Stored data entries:
--- START ---

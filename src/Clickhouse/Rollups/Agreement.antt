-- ===== src/Clickhouse/Rollups/Agreement.antt =====
-- What QueryRollupMetrics answers is what the raw table says.
use bangmod_monitor.Prelude.{
  ℕ, String, Bool, ◌&&◌, ◌≡◌, ◌≢◌, List, [], ◌∷◌, ◌++◌, map, filter, All, str_eq, ltb, ◌==◌,
  if◌then◌else◌,
}
use bangmod_monitor.Prelude.Sort.{IsSorted}
use bangmod_monitor.Clickhouse.{AgentMetricRow}
use bangmod_monitor.Clickhouse.Rollups.{
  Key, by_host, by_target, ViewRow, View, Bucket, merged_into, merged, start_of, Usage, usage_row,
  check_row, Rolled, Event, insert_metrics, insert_results, merge_1m, merge_1h, merge_probes,
  expire,
}
use bangmod_monitor.Clickhouse.Rollups.Groups.{content}

module _ {V : Type 0} where
  abbrev newest_first : Bucket V → Bucket V → Bool
  newest_first b c = ltb c.start b.start

  abbrev state_at : ℕ → List (Bucket V) → List V
  state_at t [] = []
  state_at t (b ∷ l) = if b.start == t then b.state ++ state_at t l else state_at t l

-- What the rows that a query of one group ranges over say at each start.
abbrev usages : String → ℕ → List AgentMetricRow → List Usage
usages host t rows =
    map (λ r. record { cpu = r.cpu_percent; mem = r.mem_percent })
      (filter (λ r. str_eq r.host_id host && start_of 60 r.timestamp == t) rows)

abbrev minutes_of : String → List AgentMetricRow → List (Bucket Usage)
minutes_of host rows = merged by_host host (map (usage_row 60) rows)

-- The minutes in which the host has rows, the newest first and each once, with the values of all
-- of its rows in that minute
pub record IsGrouped (host : String) (rows : List AgentMetricRow) (bs : List (Bucket Usage))
    : Type 0 where
  pub sorted : IsSorted newest_first bs
  pub filled : All (λ (b : Bucket Usage). b.state ≢ []) bs
  pub complete : (t : ℕ) → state_at t bs ≡ usages host t rows

-- A view says what its raw table says.
abbrev ViewAgrees : {G V R : Type 0} → Key G → (R → ViewRow G V) → List R → View G V → Type 0
ViewAgrees {G} {V} k row_of rows v =
    (g : G) (acc : List (Bucket V)) → content k g v acc ≡ merged_into k g (map row_of rows) acc

pub record Agrees (d : Rolled) : Type 0 where
  pub minutes : ViewAgrees by_host (usage_row 60) d.tables.agent_metrics d.agent_metrics_1m
  pub hours : ViewAgrees by_host (usage_row 3600) d.tables.agent_metrics d.agent_metrics_1h
  pub checks : ViewAgrees by_target check_row d.tables.probe_results d.probe_results_1m

-- Nothing expires in the event.
abbrev IsLasting : Event → Type 0
IsLasting (insert_metrics rows) = Unit
IsLasting (insert_results rows) = Unit
IsLasting (merge_1m n) = Unit
IsLasting (merge_1h n) = Unit
IsLasting (merge_probes n) = Unit
IsLasting (expire now) = ⊥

--- END ---

Work to be completed: None of the records may be omitted; each is to be printed exactly.

Exercise result:
filename src/Clickhouse/Rollups/Agreement.antt
-- ===== src/Clickhouse/Rollups/Agreement.antt =====
-- What QueryRollupMetrics answers is what the raw table says.
use bangmod_monitor.Prelude.{
  ℕ, String, Bool, ◌&&◌, ◌≡◌, ◌≢◌, List, [], ◌∷◌, ◌++◌, map, filter, All, str_eq, ltb, ◌==◌,
  if◌then◌else◌,
}
use bangmod_monitor.Prelude.Sort.{IsSorted}
use bangmod_monitor.Clickhouse.{AgentMetricRow}
use bangmod_monitor.Clickhouse.Rollups.{
  Key, by_host, by_target, ViewRow, View, Bucket, merged_into, merged, start_of, Usage, usage_row,
  check_row, Rolled, Event, insert_metrics, insert_results, merge_1m, merge_1h, merge_probes,
  expire,
}
use bangmod_monitor.Clickhouse.Rollups.Groups.{content}

module _ {V : Type 0} where
  abbrev newest_first : Bucket V → Bucket V → Bool
  newest_first b c = ltb c.start b.start

  abbrev state_at : ℕ → List (Bucket V) → List V
  state_at t [] = []
  state_at t (b ∷ l) = if b.start == t then b.state ++ state_at t l else state_at t l

-- What the rows that a query of one group ranges over say at each start.
abbrev usages : String → ℕ → List AgentMetricRow → List Usage
usages host t rows =
    map (λ r. record { cpu = r.cpu_percent; mem = r.mem_percent })
      (filter (λ r. str_eq r.host_id host && start_of 60 r.timestamp == t) rows)

abbrev minutes_of : String → List AgentMetricRow → List (Bucket Usage)
minutes_of host rows = merged by_host host (map (usage_row 60) rows)

-- The minutes in which the host has rows, the newest first and each once, with the values of all
-- of its rows in that minute
pub record IsGrouped (host : String) (rows : List AgentMetricRow) (bs : List (Bucket Usage))
    : Type 0 where
  pub sorted : IsSorted newest_first bs
  pub filled : All (λ (b : Bucket Usage). b.state ≢ []) bs
  pub complete : (t : ℕ) → state_at t bs ≡ usages host t rows

-- A view says what its raw table says.
abbrev ViewAgrees : {G V R : Type 0} → Key G → (R → ViewRow G V) → List R → View G V → Type 0
ViewAgrees {G} {V} k row_of rows v =
    (g : G) (acc : List (Bucket V)) → content k g v acc ≡ merged_into k g (map row_of rows) acc

pub record Agrees (d : Rolled) : Type 0 where
  pub minutes : ViewAgrees by_host (usage_row 60) d.tables.agent_metrics d.agent_metrics_1m
  pub hours : ViewAgrees by_host (usage_row 3600) d.tables.agent_metrics d.agent_metrics_1h
  pub checks : ViewAgrees by_target check_row d.tables.probe_results d.probe_results_1m

-- Nothing expires in the event.
abbrev IsLasting : Event → Type 0
IsLasting (insert_metrics rows) = Unit
IsLasting (insert_results rows) = Unit
IsLasting (merge_1m n) = Unit
IsLasting (merge_1h n) = Unit
IsLasting (merge_probes n) = Unit
IsLasting (expire now) = ⊥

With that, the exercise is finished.